PKNCA: simulated population NCA parameters (single cohort).

start	end	cohort	N	half.life	aucinf.obs
0	Inf	stochastic	200	1390 [280]	NC

Assumptions and deviations

• Dose units. The model accepts elemental Pt in mg. To dose with cumulative cisplatin in mg, multiply by 195.08 / 300.05 = 0.6502 (Pt atomic weight / cisplatin formula weight). This matches the paper’s note “cumulative cisplatin dose (mg/m^2, converted to amount Pt in mg)”.

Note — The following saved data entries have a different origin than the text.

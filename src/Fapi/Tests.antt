-- ===== src/Fapi/Tests.antt =====
-- Runs of the adaptation of the FAPI on a concrete state, and its theorems there.
use enb_l1_b4860_ppc.Common.{
  ℕ, suc, ◌+◌, ◌*◌, ◌%◌, ◌≤◌, ◌≡◌, ◌↔◌, refl, inl, true, false, some, List, [], ◌∷◌, ◌++◌, ◌==◌,
  if◌then◌else◌, arith,
}
use enb_l1_b4860_ppc.Ipc.{Ipc, success, channel_at}
use enb_l1_b4860_ppc.Ipc.Ptr.{IsLinked, waiting}
use enb_l1_b4860_ppc.Ipc.TxRequest.{load32}
use enb_l1_b4860_ppc.Fapi.{
  Fapi, p7_rx_ind, p5_ipc, alloc_send_msg, ipc_send_msg, ipc_p2v, ipc_pa2sc_ch_id, ipc_sc2pa_ch_id,
  length_at, phys_addr_at, tx_req_buf_size, ipc_msg_size, with_memory,
}
use enb_l1_b4860_ppc.Fapi.Memory.{Agree}
use enb_l1_b4860_ppc.Fapi.Messages.{
  TxPdu, DlConfigRequest, channel_p7_req, dl_config_length, dl_pdu_size, msg_ptr_var_size,
}
use enb_l1_b4860_ppc.Fapi.Buffers.{after_allocs, alloc_send_msg-again_iff}
use enb_l1_b4860_ppc.Fapi.Send.{Found, fapi_bd, found_at, ipc_send_msg-Found}
use enb_l1_b4860_ppc.Fapi.Requests.{p7_dl_config_request, p7_tx_request}
use enb_l1_b4860_ppc.Fapi.Framed.{next_body, Arrived}
use enb_l1_b4860_ppc.Fapi.TwoLists.{HasLists}
use enb_l1_b4860_ppc.Fapi.Config.{IsDlRequest, HasDlFields, p7_dl_config_request-Arrived}
use enb_l1_b4860_ppc.Fapi.TxData.{tx_data_offset, tx_request_words}
use enb_l1_b4860_ppc.Fapi.TxData.Grows.{align64-eq, pdus_end, tbs_end, tb_end}
use enb_l1_b4860_ppc.Fapi.TxData.Message.{sent, tx_length}
use enb_l1_b4860_ppc.Fapi.TxData.Pdus.{PdusStand}
use enb_l1_b4860_ppc.Fapi.Tx.{p7_tx_request-Arrived}
use enb_l1_b4860_ppc.Fapi.Dispatch.{push_work, process_p7_message}
use enb_l1_b4860_ppc.Fapi.Dispatch.Fifo.{held}
use enb_l1_b4860_ppc.Fapi.Dispatch.System.{
  Step, round, attempt, take_step, take_last, run, for_queue,
}
use enb_l1_b4860_ppc.Fapi.Dispatch.Routes.{pushes}
use enb_l1_b4860_ppc.Fapi.Dispatch.Order.{starting, run-fifo}
use enb_l1_b4860_ppc.Fapi.Dispatch.Translate.{process_p7_message-rx}
use enb_l1_b4860_ppc.Fapi.Start.{ipc_reset_channel}
use enb_l1_b4860_ppc.Fapi.Start.Laws.{ipc_reset_channel-drains}
use enb_l1_b4860_ppc.Fapi.Sample.{
  segment, manager, free, stack, area, queue, sample, queue-IsWorking, from_dsp-IsLinked,
  sample-CanSend, sample-IsReady, buffers-HasDistinct,
}

alloc_send_msg-again_iff_example :
    ((alloc_send_msg 2 (after_allocs (λ _. 2) 16 sample)).0 ≡ (alloc_send_msg 2 sample).0)
    ↔ (suc 15 % 16 ≡ 0)
alloc_send_msg-again_iff_example =
    alloc_send_msg-again_iff (λ _. 2) 15 sample (omega arith) buffers-HasDistinct

ipc_send_msg-Found_example :
    (f' : Fapi) × (ipc_send_msg segment manager free stack 0x40100000 sample ≡ (success, f'))
    × (waiting ipc_pa2sc_ch_id f'.ipc ≡ waiting ipc_pa2sc_ch_id area ++ (fapi_bd sample ∷ []))
    × Found
        (found_at segment manager sample)
        (load32 0x40100000 area.memory)
        (load32 (0x40100000 + length_at) area.memory)
        (load32 (0x40100000 + phys_addr_at) area.memory)
        f'.ipc.memory
unfolding load32
ipc_send_msg-Found_example =
    ipc_send_msg-Found segment manager free stack 0x40100000 sample sample-CanSend
      (λ a. omega arith) (omega arith)

-- One PDU with two members, of which the first has data.
abbrev tx_pdu : TxPdu
tx_pdu = record {
  pdu_length = 5;
  pdu_index = 7;
  num_segments = 2;
  tbs =
      record { tb_tag = 1; tb_length = 5; tb_data = 0xa000 }
      ∷ record { tb_tag = 0; tb_length = 3; tb_data = 0xb000 }
      ∷ [];
}

abbrev dl_request : DlConfigRequest
dl_request = record {
  frame = 5;
  subframe = 3;
  number_pdcch_ofdm_symbols = 2;
  number_dci = 1;
  number_pdu = 2;
  number_tx_req = 1;
  number_hi = 0;
  number_dci0 = 1;
  number_pdsch_rnti = 1;
  transmission_power_pcfich = 6000;
  dl_config_dci_list = 0x8000;
  dl_config_pdu_list = 0x9000;
  tx_request_pdu_list = tx_pdu ∷ [];
  dci0_list = 0xc000;
  hi_list = 0xd000;
}

dl_request-IsDlRequest : IsDlRequest dl_request
dl_request-IsDlRequest = record {
  frame_in = omega arith;
  subframe_in = omega arith;
  symbols_in = omega arith;
  rnti_in = omega arith;
  dci_in = omega arith;
  pdu_in = omega arith;
  dci0_in = omega arith;
  hi_in = omega arith;
}

dl_request_length : dl_config_length dl_request ≡ 1440
unfolding dl_config_length msg_ptr_var_size
dl_request_length = refl

p7_dl_config_request-Arrived_example :
    (f' : Fapi) × (p7_dl_config_request segment manager free stack dl_request sample
      ≡ (success, f'))
    × Arrived segment manager channel_p7_req (dl_config_length dl_request) [] sample f'
    × HasDlFields dl_request (next_body sample) f'.ipc.memory
    × HasLists dl_pdu_size 36 0x8000 1 0x9000 2 sample f'
    × (dl_config_length dl_request + ipc_msg_size ≤ tx_req_buf_size)
p7_dl_config_request-Arrived_example =
    p7_dl_config_request-Arrived segment manager free stack dl_request sample dl_request-IsDlRequest
      (sample-IsReady (dl_config_length dl_request) (omega (arith, dl_request_length)))
      (inl (omega arith)) (inl (omega arith))

tx_offset : tx_data_offset 1 ≡ 448
unfolding tx_data_offset msg_ptr_var_size
tx_offset = align64-eq 412 (omega arith)

tx_request_length : tx_length dl_request ≡ 456
unfolding pdus_end tbs_end tb_end
tx_request_length = omega (arith, tx_offset)

p7_tx_request-Arrived_example :
    (f' : Fapi) × (p7_tx_request segment manager free stack dl_request sample ≡ (success, f'))
    × Arrived segment manager channel_p7_req
        (tx_length dl_request)
        (tx_request_words dl_request)
        sample
        f'
    × PdusStand segment
        (next_body sample + tx_data_offset 1)
        area.memory
        (next_body sample + 16)
        (sent dl_request)
        0
        f'.ipc.memory
p7_tx_request-Arrived_example =
    p7_tx_request-Arrived segment manager free stack dl_request sample
      (record {
        frame_in = omega arith;
        subframe_in = omega arith;
        number_in = omega arith;
        listed = omega arith;
        members = (omega arith, omega arith, tt);
        fits = omega (arith, tx_request_length);
      })
      (sample-IsReady (tx_length dl_request) (omega (arith, tx_request_length)))
      (
        omega arith,
        omega arith,
        (
          (omega arith, omega arith, omega arith, inl (omega arith)),
          ((omega arith, omega arith, omega arith, inl (omega arith)), tt),
        ),
        tt,
      )

-- The dispatcher finds a message, tries its call, and L2 takes from two queues.
abbrev steps : List Step
steps =
    round 0 0 area ∷ attempt ∷ take_last ∷ take_step p7_rx_ind false ∷ take_step p5_ipc true ∷ []

run-fifo_example :
    (let s = run segment manager free steps (starting sample) in
      held queue ++ for_queue p5_ipc s.received
      ≡ for_queue p5_ipc s.taken
        ++ (held (s.fapi.queues p5_ipc) ++ for_queue p5_ipc (pushes s.work)))
run-fifo_example =
    run-fifo segment manager free p5_ipc steps sample (omega arith) (omega arith) queue-IsWorking

-- An RX.indication with two PDUs at 0x100.
abbrev indication : ℕ → ℕ
indication a = if a == 0x103 then 0x87 else if a == 0x113 then 2 else 0

process_p7_message-rx_example :
    (let (work, f') =
        process_p7_message (ipc_p2v segment manager) 0x100 (with_memory indication sample) in
      (work ≡ push_work p7_rx_ind 0x100)
      × (load32 (0x100 + 20 + 32 * 1 + 28) f'.ipc.memory
          ≡ ipc_p2v segment manager (load32 (0x100 + 20 + 32 * 1 + 28) indication))
      × Agree 0x100 48 indication f'.ipc.memory)
unfolding load32
process_p7_message-rx_example =
    process_p7_message-rx segment manager 0x100 1 (with_memory indication sample) refl (omega arith)

ipc_reset_channel-drains_example :
    (ipc' : Ipc) × (ipc_reset_channel free (ipc_p2v segment manager) 3 5 area
      ≡ some (success, ipc'))
    × IsLinked ipc_sc2pa_ch_id ipc'
    × (waiting ipc_sc2pa_ch_id ipc' ≡ [])
unfolding channel_at
ipc_reset_channel-drains_example =
    ipc_reset_channel-drains free (ipc_p2v segment manager) refl 3 5 area from_dsp-IsLinked
      (omega arith)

• Initial time point. The popPK analysis was restricted to the fraction of Pt remaining in the body after the rapid pre-measurement urinary phase (Boer 2015 Methods, “population PK analysis”). The model’s t = 0 is therefore the end of cisplatin chemotherapy (the 9-12 week treatment window is treated as negligible relative to the 1-13 year follow-up), and F1 (fdepot) captures the small fraction (~0.016%) of administered Pt that survives the initial urinary-excretion phase to enter the long-term distribution.

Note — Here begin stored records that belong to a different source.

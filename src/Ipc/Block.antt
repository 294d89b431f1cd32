-- ===== src/Ipc/Block.antt =====
-- The blocking receive.
use enb_l1_b4860_ppc.Common.{
  ℕ, ◌+◌, ◌-◌, ◌%◌, ◌^◌, ◌≤◌, ◌<◌, ◌≡◌, ◌≢◌, refl, ap, ◌∙◌, Bool, none, arith, bit_and, pow-suc,
  zero, suc,
}
use enb_l1_b4860_ppc.Common.Bits.{bit_and-zero}
use enb_l1_b4860_ppc.Ipc.{success, channel_empty, Ipc, recv_ptr, recv_ptr_block}

-- `1 << channel_id` has no bit that is set from 32 on.
beyond_word : (k : ℕ) → 2 ^ (k + 32) % 2 ^ 32 ≡ 0
beyond_word zero = refl
beyond_word (suc k) =
    let e : 2 ^ (suc k + 32) ≡ 2 ^ suc (k + 32) = ap (λ (n : ℕ). 2 ^ n) (omega arith) in
    omega (arith, beyond_word k, e, pow-suc 2 (k + 32))

high_bit : (id : ℕ) → 32 ≤ id → 2 ^ id % 2 ^ 32 ≡ 0
high_bit id h =
    let e : id ≡ id - 32 + 32 = omega arith in
    ap (λ (n : ℕ). 2 ^ n % 2 ^ 32) e ∙ beyond_word (id - 32)

module _ (lock : ℕ → Bool) (p2v : ℕ → ℕ) where
  -- On a channel from 32 on that has nothing to receive at once, `fsl_ipc_recv_ptr_block` returns
  -- -ERR_CHANNEL_EMPTY when the device wakes it, whatever the device reports and whatever is in the
  -- ring by then.
  pub recv_ptr_block-high :
      (id got ready_mask : ℕ) (ipc woken : Ipc)
      → 32 ≤ id
      → id < ipc.max_channels
      → (recv_ptr lock p2v id ipc).0 ≢ success
      → recv_ptr_block lock p2v id ipc got ready_mask woken ≡ (channel_empty, none, woken)
  unfolding recv_ptr_block
  recv_ptr_block-high id got ready_mask ipc woken h k empty =
      let masked : bit_and ready_mask (2 ^ id % 2 ^ 32) ≡ 0 =
        ap (λ (t : ℕ). bit_and ready_mask t) (high_bit id h) ∙ bit_and-zero ready_mask in
      ground (arith, masked)
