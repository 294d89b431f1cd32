-- ===== src/Ipc/Configure.antt =====
-- fsl_ipc_channel.c: setting channels up for their consumer, resetting them, and laying out the
-- array of channels. `calloc_ok` says whether calloc succeeds; for the variant that registers a
-- signal, `free_signal` is what `ipc_get_free_rt_signal` finds (0 if none) and `ioctl_ok` whether
-- the driver accepts it.
pub mod Laws
pub mod Reset
mod Tests
use enb_l1_b4860_ppc.Common.{
  ℕ, zero, suc, ◌+◌, ◌*◌, ◌/◌, ◌%◌, Bool, true, false, not, ◌&&◌, ◌||◌, List, [], ◌∷◌, ◌++◌, ◌==◌,
  if◌then◌else◌, leb, ltb, add32, word_mod,
}
use enb_l1_b4860_ppc.Channel.{
  Bd, Indication, no_int, pa_mpic, ChannelType, message_ch, pointer_ch, Channel, initialized,
}
use enb_l1_b4860_ppc.Ipc.{
  Code, success, minus_one, invalid_depth, calloc_failed, UsChannel, Ipc, channel_at, put_channel,
}

-- The loop of `ipc_channel_attach_msg_ring` over the descriptors, `depth` of them.
unfoldable pub attach_msg_ring : ℕ → ℕ → ℕ → List Bd → List Bd
attach_msg_ring zero addr size bds = bds
attach_msg_ring (suc depth) addr size [] = []
attach_msg_ring (suc depth) addr size (bd ∷ bds) =
    record bd { msg_ptr = addr } ∷ attach_msg_ring depth (add32 addr size) size bds

-- The assignments that both functions make on a channel that its consumer has not opened yet.
unfoldable pub shape : ℕ → ChannelType → ℕ → ℕ → Channel → Channel
unfolding attach_msg_ring
shape depth type addr size ch = elim type [
  | message_ch ↦ record ch {
    bd_ring_size = depth;
    ch_type = message_ch;
    bds = attach_msg_ring depth addr size ch.bds;
    max_msg_size = size;
    ipc_ind = no_int;
  }
  | pointer_ch ↦ record ch { bd_ring_size = depth; ch_type = pointer_ch; ipc_ind = no_int }
]

-- The part up to calloc: `none` of the two codes is an error. The depth that is compared is the
-- one that the channel had before.
unfoldable pub prepare : ℕ → ChannelType → ℕ → ℕ → ℕ → Channel → Code × Channel
unfolding shape
prepare depth type addr size max_depth ch =
    if ch.consumer_initialized == initialized
    then (success, ch)
    else if leb ch.bd_ring_size max_depth
    then (success, shape depth type addr size ch)
    else (invalid_depth, ch)

-- `ipc_priv->channels[ipc_priv->num_channels++] = uch`; that the array has 64 places is not tested.
abbrev pub attach : Ipc → UsChannel → Ipc
attach ipc uch = record ipc { us_channels = ipc.us_channels ++ (uch ∷ []) }

module _ (lock : ℕ → Bool) where
  -- `fsl_ipc_configure_channel`
  unfoldable pub configure_channel : ℕ → ℕ → ChannelType → ℕ → ℕ → Bool → Ipc → Code × Ipc
  unfolding prepare channel_at put_channel
  configure_channel id depth type addr size calloc_ok ipc =
      let (code, ch) = prepare depth type addr size ipc.max_depth (channel_at ipc id) in
      if not (lock id) then (minus_one, ipc) else elim code [
        | success ↦ if not calloc_ok then (calloc_failed, put_channel ipc id ch) else (
          success,
          attach (put_channel ipc id (record ch { consumer_initialized = initialized }))
              (record { cbfunc = 0; signal = 0; channel_id = id }),
        )
        | err ↦ (err, ipc)
      ]

  -- `fsl_ipc_configure_channel_int`. Where no signal is free, or the driver refuses, the function
  -- goes to its end with `ret` still ERR_SUCCESS.
  unfoldable pub configure_channel_int :
      ℕ → ℕ → ChannelType → ℕ → ℕ → ℕ → Bool → ℕ → Bool → Ipc → Code × Ipc
  unfolding prepare channel_at put_channel
  configure_channel_int id depth type addr size cb calloc_ok free_signal ioctl_ok ipc =
      let (code, ch) = prepare depth type addr size ipc.max_depth (channel_at ipc id) in
      let signal = if cb == 0 then 0 else free_signal in
      let unset : UsChannel = record { cbfunc = 0; signal = 0; channel_id = id } in
      if not (lock id) then (minus_one, ipc) else elim code [
        | success ↦
            if not calloc_ok
            then (calloc_failed, put_channel ipc id ch)
            else if not (cb == 0) && free_signal == 0
            then (success, attach (put_channel ipc id ch) unset)
            else if not ioctl_ok
            then (success, attach (put_channel ipc id ch) unset)
            else (
              success,
              attach
                  (put_channel ipc id
                    (record ch { ipc_ind = pa_mpic; consumer_initialized = initialized }))
                  (record { cbfunc = cb; signal = signal; channel_id = id }),
            )
        | err ↦ (err, ipc)
      ]

-- One round of the loop of `fsl_ipc_reinit`.
unfoldable pub reinit_channel : Channel → Channel
reinit_channel ch =
    let zeroth = ch.id == 0 in
    record ch {
      producer_initialized = 0;
      consumer_initialized = if zeroth then ch.consumer_initialized else 0;
      consumer_num = 0;
      producer_num = 0;
      bd_ring_size = if zeroth then ch.bd_ring_size else 0;
      max_msg_size = 0;
      ch_type = if zeroth then pointer_ch else message_ch;
      ipc_ind = no_int;
      ind_offset = 0;
      ind_value = 0;
      local_producer_num = 0;
      local_consumer_num = 0;
    }

-- The loop over the first `n` channels of the array.
unfoldable pub reinit_channels : ℕ → List Channel → List Channel
unfolding reinit_channel
reinit_channels zero chs = chs
reinit_channels (suc n) [] = []
reinit_channels (suc n) (ch ∷ chs) = reinit_channel ch ∷ reinit_channels n chs

-- MAX_IPC_CHANNELS and DEFAULT_CHANNEL_DEPTH
abbrev pub max_ipc_channels : ℕ
max_ipc_channels = 64

abbrev pub default_channel_depth : ℕ
default_channel_depth = 16

-- `fsl_ipc_us_reinit`
unfoldable pub us_reinit : Ipc → Ipc
us_reinit ipc = record ipc { us_channels = [] }

-- `fsl_ipc_reinit`, less the two words of the control structure that it clears.
unfoldable pub reinit : Ipc → Ipc
unfolding reinit_channels us_reinit
reinit ipc = us_reinit (record ipc { channels = reinit_channels max_ipc_channels ipc.channels })

-- `open_channel_zero`
unfoldable pub open_channel_zero : ℕ → List Channel → List Channel
open_channel_zero depth [] = []
open_channel_zero depth (ch ∷ chs) =
    record ch {
      consumer_initialized = initialized;
      id = 0;
      bd_ring_size = depth;
      ch_type = pointer_ch;
    }
    ∷ chs

-- sizeof(os_het_ipc_bd_t) and sizeof(os_het_ipc_channel_t) of the B4860 variant
abbrev pub bd_size : ℕ
bd_size = 16

abbrev pub channel_size : ℕ
channel_size = 88

-- HET_START_VALID_VALUE and HET_END_VALID_VALUE
abbrev pub start_valid : ℕ
start_valid = 0x12345678

abbrev pub end_valid : ℕ
end_valid = 0x87654321

module _ (bds_at : ℕ → List Bd) where
  -- The body of the loop of `fsl_B4_ipc_init`; `bds_at` gives the descriptors at an address.
  unfoldable pub init_channel : ℕ → ℕ → Channel → Channel
  init_channel i addr ch =
      let zeroth = i == 0 in
      record ch {
        start_validation_value = start_valid;
        end_validation_value = end_valid;
        id = i;
        bd_base = addr;
        bds = bds_at addr;
        producer_initialized = 0;
        consumer_initialized = if zeroth then ch.consumer_initialized else 0;
        consumer_num = 0;
        producer_num = 0;
        bd_ring_size = if zeroth then ch.bd_ring_size else 0;
        max_msg_size = 0;
        ch_type = if zeroth then pointer_ch else message_ch;
        ipc_ind = no_int;
        local_producer_num = 0;
        local_consumer_num = 0;
      }

  -- The loop, for the `n` channels from index `i` on.
  unfoldable pub init_channels : ℕ → ℕ → ℕ → ℕ → List Channel → List Channel
  unfolding init_channel
  init_channels zero i depth addr chs = chs
  init_channels (suc n) i depth addr [] = []
  init_channels (suc n) i depth addr (ch ∷ chs) =
      init_channel i addr ch ∷ init_channels n (i + 1) depth (add32 addr (bd_size * depth)) chs

  -- `fsl_B4_ipc_init` once it has the parameters of the module: `regions` is the number of IPC
  -- regions, and with DEFAULT_RAT_INST of them the function leaves the channels alone; `muxed` holds
  -- the depth in its high half and the number of channels in its low half.
  unfoldable pub b4_ipc_init : ℕ → ℕ → ℕ → List Channel → List Channel
  unfolding init_channels open_channel_zero
  b4_ipc_init regions ch_start muxed chs =
      let n = if muxed % 0x10000 == 0 then max_ipc_channels else muxed % 0x10000 in
      let d = if muxed / 0x10000 == 0 then default_channel_depth else muxed / 0x10000 in
      if regions == 2
      then chs
      else open_channel_zero d (init_channels n 0 d (add32 ch_start (channel_size * n)) chs)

• No covariates. Boer 2015 tested age, weight, height, BMI and body surface area in covariate screening and did not retain any in the final model (Results, “population PK model”). The model has no covariate-effect parameters. Three demographic covariates were recorded in the source dataset and screened (AGE, WT, HT); they are kept in covariatesDataExcluded rather than covariateData so they are not flagged as declared-but-unused by checkModelConventions().
• Residual error magnitude. Suppl Table S1 does not list a numeric SD for the residual error; the main-text statement “Proportional residual error in the final model was 34%” is interpreted as the CV of a proportional error and encoded as propSd <- 0.34.
• Pt clearance pathway. The model assumes Pt is cleared solely via urinary excretion (Boer 2015 Methods, “population PK analysis”); the urinary excretion rate in the source dataset was fit simultaneously with serum Pt as CL x Cc. The packaged nlmixr2lib model exposes the serum compartment only; users needing the urinary excretion rate can compute it post hoc as cl * Cc * 1e-3 (mg/day, with Cc in ug/L converted back to mg/L).
• Bioavailability compartment. Apparent F1 is applied via f(central) <- fdepot because the source structural model is an IV bolus with no absorption phase. The canonical lfdepot / fdepot parameter name is retained even though no depot compartment is declared, to match the nlmixr2lib bioavailability convention and checkModelConventions() expectations.